Mittwoch, 18. Januar 2012 von Thomas Wendt
Die Kröpeliner Kleiderkammer des Deutschen Roten Kreuzes (DRK) muß ihr bisheriges Domizil auf dem Hof des ehemaligen Kindergartens am Pferdemarkt zum 31.01.2012 räumen. Um das wichtige Angebot der Kleiderkammer für unsere Stadt und die Umgebung aufrecht zu erhalten, werden darum dringend neue Räumlichkeiten gesucht.
Benötigt wird ausreichend Platz für die vorhandenen neun Regale und einige Kleiderständer. Eine Sortierecke ist notwendig, wünschenswert ist darüber hinaus eine Toilette und eine kleine Küchenecke für die Mitarbeiter. Alles in allem sollten etwa 30 m² Fläche ausreichen.
Wer hat eine Idee und kann helfen? Bitte nutzen Sie die (öffentliche) Kommentarfunktion oder das (interne) Kontaktformular. Wir leiten jeden Vorschlag umgehend weiter.
Dienstag, 17. Januar 2012 von Thomas Wendt
Die vollständige Meldung des NDR vom 13.01.2012 lautet:
Kröpelin: Bürgermeister Wunschik vor Abwahl?

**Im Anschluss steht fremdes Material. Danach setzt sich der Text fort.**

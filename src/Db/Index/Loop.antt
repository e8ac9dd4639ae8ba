-- ===== src/Db/Index/Loop.antt =====
-- db/memory.go: a loop over the indexes of a table changes each of them by its own round, and adds
-- and drops none.
use alma_backend_task.Prelude.{
  String, ◌≡◌, ◌≢◌, refl, none, some, [], ◌∷◌, ok, >>=-eq-ok, arith, String-discrete,
}
use alma_backend_task.GoMap
use alma_backend_task.Db.Types.{Index, Indexes, Outcome, at}
use alma_backend_task.Db.Index.{each_index}

module _ (body : String → Index → Outcome Index) where
  -- what the first round and the rest of the loop give
  step_eq :
      (g : String) (idx : Index) (rest : Indexes) {out : Indexes}
      → each_index body ((g, idx) ∷ rest) ≡ ok out
      → (idx' : Index) × (rest' : Indexes) × (body g idx ≡ ok idx')
        × (each_index body rest ≡ ok rest')
        × (out ≡ (g, idx') ∷ rest')
  unfolding each_index
  step_eq g idx rest h =
      let (idx', e, h') = >>=-eq-ok (body g idx) _ h in
      let (rest', e', h'') = >>=-eq-ok (each_index body rest) _ h' in (idx', rest', e, e', cc h'')

  -- Each index after the loop comes from the round at the index before it.
  pub each_index-some :
      (idxs : Indexes) {out : Indexes}
      → each_index body idxs ≡ ok out
      → (f : String) (idx' : Index) → at f out ≡ some idx'
      → (idx : Index) × (at f idxs ≡ some idx) × (body f idx ≡ ok idx')
  unfolding each_index GoMap.get
  each_index-some [] h f idx' p = cc
  each_index-some ((g, idx) ∷ rest) h f idx' p =
      let (idx₁, rest', e, e', eq) = step_eq g idx rest h in
      let p' : at f ((g, idx₁) ∷ rest') ≡ some idx' = rw eq at p in
      elim (String-discrete g f) [
        | yes q ↦ (idx, ground arith, ground (arith, e, q))
        | no n ↦
            let (i, a, b) = each_index-some rest e' f idx' (ground arith) in (i, ground arith, b)
      ]

  pub each_index-none :
      (idxs : Indexes) {out : Indexes}
      → each_index body idxs ≡ ok out
      → (f : String) → at f out ≡ none
      → at f idxs ≡ none
  unfolding each_index GoMap.get
  each_index-none [] h f p = refl
  each_index-none ((g, idx) ∷ rest) h f p =
      let (idx₁, rest', e, e', eq) = step_eq g idx rest h in
      let p' : at f ((g, idx₁) ∷ rest') ≡ none = rw eq at p in
      elim (String-discrete g f) [
        | yes q ↦ ground arith
        | no n ↦ ground (arith, each_index-none rest e' f (ground arith))
      ]

  -- If every round at an index of the table returns, so does the loop.
  pub each_index-returns :
      (idxs : Indexes)
      → ((f : String) (idx : Index) → at f idxs ≢ none → (idx' : Index) × (body f idx ≡ ok idx'))
      → (out : Indexes) × (each_index body idxs ≡ ok out)
  unfolding each_index GoMap.get
  each_index-returns [] h = ([], refl)
  each_index-returns ((g, idx) ∷ rest) h =
      let (idx', e) = h g idx (ground arith) in
      let (rest', e') = each_index-returns rest (λ f i p. h f i (ground arith)) in
      ((g, idx') ∷ rest', rw (e, e'))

Vor dem Bürgerentscheid über die Abwahl des Bürgermeisters am kommenden Sonntag haben Stadtvertreter in Kröpelin am Donnerstagabend ihre Kritik erneuert. Bürgermeister Hubertus Wunschik wird vorgeworfen, sich über geltendes Recht hinwegzusetzen, Beschlüsse der Stadtvertretung zu ignorieren und zu wenig für die Entwicklung Kröpelins zu tun. Wunschik hat inzwischen rechtliche Schritte gegen den Bürgerentscheid eingeleitet.
Montag, 16. Januar 2012 von Thomas Wendt
Sie liegen nun mit zwei öffentlich dokumentierten Nazi-Vergleichen deutlich und wahrscheinlich uneinholbar vor den Befürwortern der Abberufung des Bürgermeisters.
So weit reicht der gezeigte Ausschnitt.